(THE TASK):
Output, word for word, every line from the start of the listing down to and including the line that contains "empty-IsCoherent : IsCoherent"; include nothing else.

(DATA IN THIS EXERCISE):

++++++

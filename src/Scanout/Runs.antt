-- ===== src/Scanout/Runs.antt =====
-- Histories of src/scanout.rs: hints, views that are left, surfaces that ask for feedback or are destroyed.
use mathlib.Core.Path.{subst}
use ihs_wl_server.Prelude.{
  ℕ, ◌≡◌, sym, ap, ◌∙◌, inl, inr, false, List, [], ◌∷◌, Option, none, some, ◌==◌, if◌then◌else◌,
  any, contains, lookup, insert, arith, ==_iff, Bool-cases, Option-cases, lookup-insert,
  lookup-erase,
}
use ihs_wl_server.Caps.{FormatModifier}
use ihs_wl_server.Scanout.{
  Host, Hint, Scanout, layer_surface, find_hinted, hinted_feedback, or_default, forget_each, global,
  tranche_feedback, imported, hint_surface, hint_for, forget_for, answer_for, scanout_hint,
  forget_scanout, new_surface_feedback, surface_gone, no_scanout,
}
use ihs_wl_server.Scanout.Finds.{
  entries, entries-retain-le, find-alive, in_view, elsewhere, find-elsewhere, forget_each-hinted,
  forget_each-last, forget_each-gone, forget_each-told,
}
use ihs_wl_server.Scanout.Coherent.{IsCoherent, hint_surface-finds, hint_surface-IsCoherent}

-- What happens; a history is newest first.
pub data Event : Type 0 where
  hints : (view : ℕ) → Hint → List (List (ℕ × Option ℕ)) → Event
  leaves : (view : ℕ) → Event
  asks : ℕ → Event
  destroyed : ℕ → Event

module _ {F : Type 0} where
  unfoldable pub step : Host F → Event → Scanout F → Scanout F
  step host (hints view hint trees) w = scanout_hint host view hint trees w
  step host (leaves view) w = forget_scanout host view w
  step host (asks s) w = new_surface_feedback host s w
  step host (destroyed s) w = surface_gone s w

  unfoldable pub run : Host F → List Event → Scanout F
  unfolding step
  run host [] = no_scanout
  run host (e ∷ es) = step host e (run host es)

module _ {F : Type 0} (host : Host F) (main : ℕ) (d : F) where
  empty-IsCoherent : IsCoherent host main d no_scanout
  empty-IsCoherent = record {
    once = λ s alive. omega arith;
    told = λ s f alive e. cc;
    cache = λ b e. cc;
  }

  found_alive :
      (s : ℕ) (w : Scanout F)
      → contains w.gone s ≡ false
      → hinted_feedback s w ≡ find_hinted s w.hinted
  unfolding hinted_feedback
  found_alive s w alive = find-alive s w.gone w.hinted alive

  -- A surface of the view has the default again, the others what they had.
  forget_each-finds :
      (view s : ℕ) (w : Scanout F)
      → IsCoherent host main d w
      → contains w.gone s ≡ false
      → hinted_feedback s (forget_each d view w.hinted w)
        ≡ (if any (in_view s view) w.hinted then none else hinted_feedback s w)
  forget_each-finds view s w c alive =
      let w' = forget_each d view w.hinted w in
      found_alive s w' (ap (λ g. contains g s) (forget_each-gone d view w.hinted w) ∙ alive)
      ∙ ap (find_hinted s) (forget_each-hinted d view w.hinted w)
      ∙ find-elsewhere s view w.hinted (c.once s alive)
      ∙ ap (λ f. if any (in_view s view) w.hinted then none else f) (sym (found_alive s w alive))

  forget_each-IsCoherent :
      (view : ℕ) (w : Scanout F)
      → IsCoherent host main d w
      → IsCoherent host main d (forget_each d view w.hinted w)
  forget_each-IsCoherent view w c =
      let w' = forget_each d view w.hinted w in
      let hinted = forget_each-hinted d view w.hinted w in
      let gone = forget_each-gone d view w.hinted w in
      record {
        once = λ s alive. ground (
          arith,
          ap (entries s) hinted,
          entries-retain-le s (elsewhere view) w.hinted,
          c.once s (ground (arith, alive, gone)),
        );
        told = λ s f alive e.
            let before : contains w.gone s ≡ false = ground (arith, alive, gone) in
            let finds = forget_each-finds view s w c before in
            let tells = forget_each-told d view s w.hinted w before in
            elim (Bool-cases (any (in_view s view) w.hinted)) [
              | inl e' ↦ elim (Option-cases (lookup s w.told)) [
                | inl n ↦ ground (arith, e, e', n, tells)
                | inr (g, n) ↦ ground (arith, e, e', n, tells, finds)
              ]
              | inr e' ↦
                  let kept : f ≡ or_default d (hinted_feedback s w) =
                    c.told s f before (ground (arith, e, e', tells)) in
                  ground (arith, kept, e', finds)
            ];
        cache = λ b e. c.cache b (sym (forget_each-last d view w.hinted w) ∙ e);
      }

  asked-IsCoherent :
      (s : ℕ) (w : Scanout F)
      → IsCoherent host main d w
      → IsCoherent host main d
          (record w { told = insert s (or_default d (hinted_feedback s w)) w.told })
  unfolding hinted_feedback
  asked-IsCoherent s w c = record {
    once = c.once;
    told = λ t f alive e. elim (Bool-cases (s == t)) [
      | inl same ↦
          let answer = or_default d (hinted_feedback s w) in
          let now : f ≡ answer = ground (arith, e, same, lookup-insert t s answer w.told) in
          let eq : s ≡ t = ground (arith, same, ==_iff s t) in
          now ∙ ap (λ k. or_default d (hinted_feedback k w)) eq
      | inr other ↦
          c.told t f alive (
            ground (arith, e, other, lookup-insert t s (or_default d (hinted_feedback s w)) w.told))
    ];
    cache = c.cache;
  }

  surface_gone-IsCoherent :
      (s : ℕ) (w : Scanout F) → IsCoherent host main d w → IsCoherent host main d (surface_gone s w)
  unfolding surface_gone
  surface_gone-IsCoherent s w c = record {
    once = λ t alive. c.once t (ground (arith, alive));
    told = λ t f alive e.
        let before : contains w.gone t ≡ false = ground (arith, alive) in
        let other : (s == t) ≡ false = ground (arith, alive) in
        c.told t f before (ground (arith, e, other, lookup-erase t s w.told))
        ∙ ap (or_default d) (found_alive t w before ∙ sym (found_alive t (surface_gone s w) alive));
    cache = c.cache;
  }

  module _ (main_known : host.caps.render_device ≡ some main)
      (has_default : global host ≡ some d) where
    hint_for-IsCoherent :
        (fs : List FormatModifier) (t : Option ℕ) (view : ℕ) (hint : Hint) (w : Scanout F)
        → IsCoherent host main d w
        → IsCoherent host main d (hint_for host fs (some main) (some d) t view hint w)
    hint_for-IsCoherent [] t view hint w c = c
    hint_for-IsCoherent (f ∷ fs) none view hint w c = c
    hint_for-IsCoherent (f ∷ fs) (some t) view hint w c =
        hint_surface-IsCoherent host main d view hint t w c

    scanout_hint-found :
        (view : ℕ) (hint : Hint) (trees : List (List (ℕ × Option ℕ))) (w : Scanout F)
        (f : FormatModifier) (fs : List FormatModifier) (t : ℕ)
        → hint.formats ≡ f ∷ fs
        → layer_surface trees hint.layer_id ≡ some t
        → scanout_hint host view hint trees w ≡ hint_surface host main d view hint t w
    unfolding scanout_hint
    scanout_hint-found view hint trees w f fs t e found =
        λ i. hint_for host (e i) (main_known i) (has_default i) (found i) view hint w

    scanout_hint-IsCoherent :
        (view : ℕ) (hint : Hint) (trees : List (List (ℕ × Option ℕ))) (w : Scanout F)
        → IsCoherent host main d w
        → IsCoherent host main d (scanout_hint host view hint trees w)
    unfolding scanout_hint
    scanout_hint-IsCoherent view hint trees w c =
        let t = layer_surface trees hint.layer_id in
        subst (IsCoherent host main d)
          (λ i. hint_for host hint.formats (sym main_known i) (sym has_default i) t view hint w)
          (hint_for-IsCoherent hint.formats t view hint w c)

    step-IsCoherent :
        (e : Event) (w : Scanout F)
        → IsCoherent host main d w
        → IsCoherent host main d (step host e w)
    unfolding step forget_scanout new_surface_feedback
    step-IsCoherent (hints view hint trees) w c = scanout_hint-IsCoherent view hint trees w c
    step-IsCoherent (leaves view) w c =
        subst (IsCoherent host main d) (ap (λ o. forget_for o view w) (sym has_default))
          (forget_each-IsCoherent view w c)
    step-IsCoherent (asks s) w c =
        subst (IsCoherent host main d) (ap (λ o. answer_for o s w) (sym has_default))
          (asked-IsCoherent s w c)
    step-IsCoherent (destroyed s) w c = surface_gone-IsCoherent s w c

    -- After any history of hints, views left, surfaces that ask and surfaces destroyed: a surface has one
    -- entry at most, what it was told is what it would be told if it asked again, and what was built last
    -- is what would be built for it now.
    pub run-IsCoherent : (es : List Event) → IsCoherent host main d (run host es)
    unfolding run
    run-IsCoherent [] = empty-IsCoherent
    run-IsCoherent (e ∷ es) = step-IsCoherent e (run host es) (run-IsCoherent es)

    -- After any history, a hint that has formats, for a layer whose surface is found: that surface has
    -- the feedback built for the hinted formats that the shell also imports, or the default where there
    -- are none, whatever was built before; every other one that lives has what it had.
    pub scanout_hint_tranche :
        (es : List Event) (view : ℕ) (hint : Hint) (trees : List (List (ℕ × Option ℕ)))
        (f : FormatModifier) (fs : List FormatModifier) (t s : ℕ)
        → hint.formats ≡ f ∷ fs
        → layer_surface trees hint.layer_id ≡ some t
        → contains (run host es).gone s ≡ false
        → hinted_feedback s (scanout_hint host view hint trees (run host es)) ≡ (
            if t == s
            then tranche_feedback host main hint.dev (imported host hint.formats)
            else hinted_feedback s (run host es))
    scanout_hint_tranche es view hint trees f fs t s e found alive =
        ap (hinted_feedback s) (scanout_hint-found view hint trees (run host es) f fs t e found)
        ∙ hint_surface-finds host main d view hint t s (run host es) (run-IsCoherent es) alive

++++++

(RESULT):
filename src/Scanout/Runs.antt
-- ===== src/Scanout/Runs.antt =====
-- Histories of src/scanout.rs: hints, views that are left, surfaces that ask for feedback or are destroyed.
use mathlib.Core.Path.{subst}
use ihs_wl_server.Prelude.{
  ℕ, ◌≡◌, sym, ap, ◌∙◌, inl, inr, false, List, [], ◌∷◌, Option, none, some, ◌==◌, if◌then◌else◌,
  any, contains, lookup, insert, arith, ==_iff, Bool-cases, Option-cases, lookup-insert,
  lookup-erase,
}
use ihs_wl_server.Caps.{FormatModifier}
use ihs_wl_server.Scanout.{
  Host, Hint, Scanout, layer_surface, find_hinted, hinted_feedback, or_default, forget_each, global,
  tranche_feedback, imported, hint_surface, hint_for, forget_for, answer_for, scanout_hint,
  forget_scanout, new_surface_feedback, surface_gone, no_scanout,
}
use ihs_wl_server.Scanout.Finds.{
  entries, entries-retain-le, find-alive, in_view, elsewhere, find-elsewhere, forget_each-hinted,
  forget_each-last, forget_each-gone, forget_each-told,
}
use ihs_wl_server.Scanout.Coherent.{IsCoherent, hint_surface-finds, hint_surface-IsCoherent}

-- What happens; a history is newest first.
pub data Event : Type 0 where
  hints : (view : ℕ) → Hint → List (List (ℕ × Option ℕ)) → Event
  leaves : (view : ℕ) → Event
  asks : ℕ → Event
  destroyed : ℕ → Event

module _ {F : Type 0} where
  unfoldable pub step : Host F → Event → Scanout F → Scanout F
  step host (hints view hint trees) w = scanout_hint host view hint trees w
  step host (leaves view) w = forget_scanout host view w
  step host (asks s) w = new_surface_feedback host s w
  step host (destroyed s) w = surface_gone s w

  unfoldable pub run : Host F → List Event → Scanout F
  unfolding step
  run host [] = no_scanout
  run host (e ∷ es) = step host e (run host es)

module _ {F : Type 0} (host : Host F) (main : ℕ) (d : F) where
  empty-IsCoherent : IsCoherent host main d no_scanout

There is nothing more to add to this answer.